Records drawn from a dataset

------------

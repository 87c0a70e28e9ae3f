-- ===== src/Tests/Process.antt =====
-- A service of two modules: its run, and the report of a failure.
use blockstorageingestor.Prelude.{
  ℕ, ◌+◌, ◌≡◌, refl, ◌↔◌, Bool, true, false, Option, none, some, List, [], ◌∷◌, ◌++◌, arith,
  nat_beq, if◌then◌else◌, nat_eq, Str, codes, str_eq,
}
use blockstorageingestor.Errors.{Error, ok, foreign}
use blockstorageingestor.Ingester.Run.{Services, Ingester, Line, run, service_failed, ready_handler}
use blockstorageingestor.Ingester.Run.Laws.{IsClean, run-IsClean}
use blockstorageingestor.Ingester.Run.Reports.{IsName, named, service_failed_lem}

-- The world is the log. Service 1 fails to stop the process, service 2 fails otherwise.
abbrev process : Services
process = record {
  World = List Line;
  Service = ℕ;
  same_service = nat_beq;
  ModuleManager = List (Str × ℕ);
  is_user_visible_module = λ mm m. true;
  init_module_services = λ mm ts w. (ok mm, w);
  Manager = List ℕ;
  new_manager = λ ss w. (ok ss, w);
  start_async = λ sm w. (ok tt, w);
  await_stopped = λ sm w. (ok tt, w);
  stop_async = λ sm w. w;
  add_listener = λ sm l w. w;
  is_healthy = λ sm w. false;
  services_by_state = λ sm w. (codes "Failed", sm) ∷ [];
  failed_services = λ sm w. sm;
  failure_case = λ s w. if nat_beq s 0 then none else some (foreign s);
  is_stop_process = stops;
  Collector = Unit {0};
  new_process_collector = λ w. (ok tt, w);
  must_register = λ c w. some w;
  log = λ l w. w ++ l ∷ [];
  handle_path = λ p h w. w;
  register_health_server = λ sm w. w;
  on_signal = λ f w. w;
  decimal = λ n. (b'0' + n) ∷ [];
}
  where
    stops : Option Error → Bool
    stops (some (foreign c)) = nat_beq c 1
    stops _ = false

abbrev modules : List (Str × ℕ)
modules = (codes "server", 1) ∷ (codes "compactor", 2) ∷ []

abbrev ingester : Ingester process
ingester = record { target = codes "all" ∷ []; module_manager = modules }

run-IsClean_example :
    ((v : List Line) × (run process ingester [] ≡ some (ok tt, v))) ↔ IsClean process ingester []
run-IsClean_example = run-IsClean process ingester []

compactor-IsName : IsName process modules 2 (codes "compactor")
compactor-IsName =
    (((codes "server", 1) ∷ [], 2, [], refl, refl), ((λ h. ground arith), ((λ h. refl), tt)))

service_failed_lem_example :
    service_failed process (1 ∷ 2 ∷ []) modules 2 []
    ≡ named process (codes "compactor") (some (foreign 2)) ∷ []
service_failed_lem_example =
    service_failed_lem process (1 ∷ 2 ∷ []) modules 2 [] (some (codes "compactor")) compactor-IsName

ready_test :
    (ready_handler process (1 ∷ 2 ∷ []) []).body
    ≡ codes "Some services are not Running:\nFailed: 2\n\n"
unfolding ready_handler
ready_test = refl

------------

Please write out, exactly as they appear, the line that contains "(foreign 2)) ∷ []" and every line after it up to the end of the entries above, and no others.

    ≡ named process (codes "compactor") (some (foreign 2)) ∷ []
service_failed_lem_example =
    service_failed_lem process (1 ∷ 2 ∷ []) modules 2 [] (some (codes "compactor")) compactor-IsName

ready_test :
    (ready_handler process (1 ∷ 2 ∷ []) []).body
    ≡ codes "Some services are not Running:\nFailed: 2\n\n"
unfolding ready_handler
ready_test = refl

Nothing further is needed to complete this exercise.